# Stupid Question



## Jdinh04 (Oct 7, 2004)

Sorry this question is stupid but anyways, i've seen those green tube bars in many planted tanks lately. What are they for?


----------



## dennis (Mar 1, 2004)

example? The only thing I can think of are Eheim inlets and outlets


----------



## turtlehead (Nov 27, 2004)

I think he is refering to the EHIEM spray bars.


----------



## Jdinh04 (Oct 7, 2004)

The green tubes on the right top corner.


----------



## gnatster (Mar 6, 2004)

Those Green tubes are Eheim parts. Intakes and Returns.


----------



## Jdinh04 (Oct 7, 2004)

Are they for injecting co2 into the tank? Would I need something like this for my 20g high planted?


----------



## Laith (Sep 4, 2004)

They are from Eheim cannister filters. The vertical bar is the water intake to the cannister and the horizontal bar at the top is a "spray" bar which returns the water to the tank from the cannister.


----------



## Jdinh04 (Oct 7, 2004)

Ooh nice, that seems like a nice canister filter. Better go and look for one


----------



## Jdinh04 (Oct 7, 2004)

Wow, I never knew they were so expensive....


----------



## gnatster (Mar 6, 2004)

While Eheim may tend to be a little more pricey then some of the other cannisters on the market they also tend to be of higher quality. This point could be argued till the cows come home, I don't think I am leading you down a garden path in saying that its comparing apples to oranges to put the Eheim up against some of the "stuff" that paraded across vendors shelves. Stating this may put me between a rock and hard place, but I stand my cliche ridden ground and proclaim Eheim as cream of the crop.


----------



## niko (Jan 28, 2004)

Some Chinese companies sell their filters with intake and outtake tubes that are the same green color as the Eheim.

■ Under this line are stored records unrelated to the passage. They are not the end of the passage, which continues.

-- ===== src/Codeup/Outcome.antt =====
-- What `Normalize` of ingress-service/internal/yunxiao/codeup/normalizer.go returns.
use yunxiao_workflow_agent.Base.{
  String, ◌≡◌, refl, List, ◌∷◌, [], if◌then◌else◌, Bool-cases, ◌==◌, true, ◌⊎◌, false, inl, eq_iff,
  inr, ◌||◌,
}
use yunxiao_workflow_agent.Runtime.{Runtime, Bytes}
use yunxiao_workflow_agent.Codeup.MergeRequest.{
  map_merge_request_event_type, normalize_merge_request, merge_request_event, build_dedup_key,
  merge_request_type_of,
}
use yunxiao_workflow_agent.Codeup.Normalizer.{normalize, dispatch, normalize_object_kind}
use yunxiao_workflow_agent.Codeup.Payload.{WebhookPayload}
use yunxiao_workflow_agent.Base.Result.{Result, ok, err, errors_is, Sentinel}
use yunxiao_workflow_agent.Codeup.Push.{normalize_push, push_event, build_push_dedup_key}
use yunxiao_workflow_agent.Model.{NormalizedEvent}
use yunxiao_workflow_agent.Base.Text.{one_of, is_empty, to_lower}
use yunxiao_workflow_agent.Effects.Laws.{Always, Always-bind}
use yunxiao_workflow_agent.Codeup.Note.{
  normalize_note, note_id_of, note_event, build_note_dedup_key,
}
use yunxiao_workflow_agent.Codeup.Fields.{merge_request_id, ref_name}
use yunxiao_workflow_agent.Ids.{trace_or_new, any_trace}

abbrev pub merge_request_types : List String
merge_request_types = "pr.created" ∷ "pr.merged" ∷ "pr.closed" ∷ "pr.updated" ∷ []

abbrev pub kinds : List String
kinds = "merge_request" ∷ "push" ∷ "tag_push" ∷ "note" ∷ []

-- The kind that an event is for.
abbrev pub kind_of_payload : Runtime → WebhookPayload → String
kind_of_payload rt payload = normalize_object_kind rt payload.object_kind

action_listed :
    (rt : Runtime) (action : String)
    → one_of merge_request_types (merge_request_type_of rt action) ≡ true
action_listed rt action =
    elim (Bool-cases (action == "open" || action == "create" || action == "reopen")) [
      | inl a ↦ rw a refl
      | inr a ↦ rw a (elim (Bool-cases (action == "merge" || action == "merged")) [
        | inl b ↦ rw b refl
        | inr b ↦ rw b (elim (Bool-cases (action == "close" || action == "closed")) [
          | inl c ↦ rw c refl
          | inr c ↦ rw c refl
        ])
      ])
    ]

merge_request_type_listed :
    (rt : Runtime) (payload : WebhookPayload)
    → one_of merge_request_types (map_merge_request_event_type rt payload) ≡ true
unfolding map_merge_request_event_type
merge_request_type_listed rt payload =
    action_listed rt (to_lower rt.lower_rune payload.object_attributes.action)

module _ (rt : Runtime) (payload : WebhookPayload) (raw_payload_id : String) (body : Bytes) where
  -- An event about the merge request, the branch, the tag or the comment of the payload.
  abbrev pub IsMergeRequest : NormalizedEvent → Type 0
  IsMergeRequest e =
      (e.subject.kind ≡ "pull_request")
      × (e.subject.id ≡ merge_request_id payload.object_attributes)
      × (one_of merge_request_types e.event_type ≡ true)
      × (e.dedup_key ≡ build_dedup_key rt payload body e.event_type e.subject.id)

  abbrev pub IsPush : String → String → NormalizedEvent → Type 0
  IsPush kind event_type e =
      (e.subject.kind ≡ kind)
      × (e.subject.id ≡ ref_name payload.ref)
      × (e.event_type ≡ event_type)
      × (e.dedup_key ≡ build_push_dedup_key rt payload body e.event_type e.subject.id)

  abbrev pub IsNote : NormalizedEvent → Type 0
  IsNote e =
      (e.subject.kind ≡ "note")
      × (e.subject.id ≡ note_id_of rt payload.object_attributes)
      × (e.event_type ≡ "repo.note_created")
      × (e.dedup_key ≡ build_note_dedup_key rt payload body e.subject.id)

  -- The right event for a kind.
  abbrev pub Fits : String → NormalizedEvent → Type 0
  Fits kind e =
      ((kind ≡ "merge_request") × IsMergeRequest e)
      ⊎ ((kind ≡ "push") × IsPush "branch" "repo.pushed" e)
      ⊎ ((kind ≡ "tag_push") × IsPush "tag" "repo.tag_pushed" e)
      ⊎ ((kind ≡ "note") × IsNote e)

  -- The subject's id of a payload of this kind.
  abbrev pub subject_id : String → String
  subject_id kind =
      if kind == "merge_request"
      then merge_request_id payload.object_attributes
      else if kind == "note"
      then note_id_of rt payload.object_attributes
      else ref_name payload.ref

  abbrev pub Outcome : String → Result NormalizedEvent → Type 0
  Outcome kind (ok e) =
      (one_of kinds kind ≡ true)
      × Fits kind e
      × (is_empty e.subject.id ≡ false)
      × (e.source ≡ "yunxiao.codeup")
      × (e.raw_payload_id ≡ raw_payload_id)
  Outcome kind (err e) =
      ((one_of kinds kind ≡ false) × (errors_is e Sentinel.codeup_ignored ≡ true))
      ⊎ ((one_of kinds kind ≡ true)
          × (is_empty (subject_id kind) ≡ true)
          × (errors_is e Sentinel.codeup_ignored ≡ false))

  merge_request-Outcome :
      (trace : String)
      → Always
          (Outcome "merge_request")
          (normalize_merge_request rt payload raw_payload_id body trace)
  unfolding normalize_merge_request merge_request_event
  merge_request-Outcome trace =
      elim (Bool-cases (is_empty (merge_request_id payload.object_attributes))) [
        | inl e ↦ rw e (inr (refl, e, refl))
        | inr e ↦ rw e (λ u. (
          refl,
          inl (refl, (refl, refl, merge_request_type_listed rt payload, refl)),
          e,
          refl,
          refl,
        ))
      ]

  push-Outcome :
      (trace : String)
      → Always (Outcome "push") (normalize_push rt payload raw_payload_id body trace false)
  unfolding normalize_push push_event
  push-Outcome trace = elim (Bool-cases (is_empty (ref_name payload.ref))) [
    | inl e ↦ rw e (inr (refl, e, refl))
    | inr e ↦ rw e (λ u. (refl, inr (inl (refl, (refl, refl, refl, refl))), e, refl, refl))
  ]

  tag_push-Outcome :
      (trace : String)
      → Always (Outcome "tag_push") (normalize_push rt payload raw_payload_id body trace true)
  unfolding normalize_push push_event
  tag_push-Outcome trace = elim (Bool-cases (is_empty (ref_name payload.ref))) [
    | inl e ↦ rw e (inr (refl, e, refl))
    | inr e ↦ rw e (λ u. (refl, inr (inr (inl (refl, (refl, refl, refl, refl)))), e, refl, refl))
  ]

  note-Outcome :
      (trace : String)
      → Always (Outcome "note") (normalize_note rt payload raw_payload_id body trace)
  unfolding normalize_note note_event
  note-Outcome trace = elim (Bool-cases (is_empty (note_id_of rt payload.object_attributes))) [
    | inl e ↦ rw e (inr (refl, e, refl))
    | inr e ↦ rw e (λ u. (refl, inr (inr (inr (refl, (refl, refl, refl, refl)))), e, refl, refl))
  ]

  dispatch-Outcome :
      (kind trace : String)
      → Always (Outcome kind) (dispatch rt kind payload raw_payload_id body trace)
  unfolding dispatch
  dispatch-Outcome kind trace = elim (Bool-cases (kind == "merge_request")) [
    | inl a ↦ rw ((eq_iff kind "merge_request").0 a) (merge_request-Outcome trace)
    | inr a ↦ rw a (elim (Bool-cases (kind == "push")) [
      | inl b ↦ rw ((eq_iff kind "push").0 b) (push-Outcome trace)
      | inr b ↦ rw b (elim (Bool-cases (kind == "tag_push")) [
        | inl c ↦ rw ((eq_iff kind "tag_push").0 c) (tag_push-Outcome trace)
        | inr c ↦ rw c (elim (Bool-cases (kind == "note")) [
          | inl d ↦ rw ((eq_iff kind "note").0 d) (note-Outcome trace)
          | inr d ↦ rw d (inl (rw (a, b, c, d), refl))
        ])
      ])
    ])
  ]

-- Whatever UUIDs are drawn, `Normalize` of codeup/normalizer.go returns an event exactly when the
-- object kind is one of the four supported ones, in any case, and the payload names its subject: for
-- a merge request, a push, a tag push and a comment the event's subject, type and dedup key are those
-- of this kind. Otherwise the error is the ignored one if the kind is not supported, and another one
-- if the subject has no id.
pub codeup_normalize-Outcome :
    (rt : Runtime) (payload : WebhookPayload) (raw_payload_id : String) (body : Bytes)
    (trace : String)
    → Always
        (Outcome rt payload raw_payload_id body (kind_of_payload rt payload))
        (normalize rt payload raw_payload_id body trace)
unfolding normalize
codeup_normalize-Outcome rt payload raw_payload_id body trace =
    Always-bind (λ t. Unit) (Outcome rt payload raw_payload_id body (kind_of_payload rt payload))
      (trace_or_new trace) (dispatch rt (kind_of_payload rt payload) payload raw_payload_id body)
      (any_trace rt trace)
      (λ t _. dispatch-Outcome rt payload raw_payload_id body (kind_of_payload rt payload) t)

Also, if you want the green tube only (or any Eheim parts for that matter) you could buy it direct from the eheim.com site.

An alternative is to make your own using cheap plastic tubes from Home Depot or Lowe's and drilling several holes on them.

--Nikolay


----------



## Jdinh04 (Oct 7, 2004)

I never thought that those green tubes were Ehiem parts, I always think of as they were c02 injectors. Now I know that they are Ehiem parts for Ehiem canister filters, it makes me want to get an Ehiem Canister Filter.


----------



## TWood (Dec 9, 2004)

I think the Eheim green is a terrible color choice and makes the equipment ugly and intrusive. 

TW


----------



## turtlehead (Nov 27, 2004)

They tried to make it blend in with the plants....


----------



## JanS (Apr 14, 2004)

The last Eheim 2028 that I bought came with the new generation spray bar and intake tube. They are a nice transparent grey color and blend right in. The really great thing with them is that they have hinged joints which makes it _much_ easier to place them in yor tank for nice clean lines. Nice! 

You can buy them alone now in some of the catalogs like Foster and Smith, if anyone is interested.

Spraybar and Intake tube


----------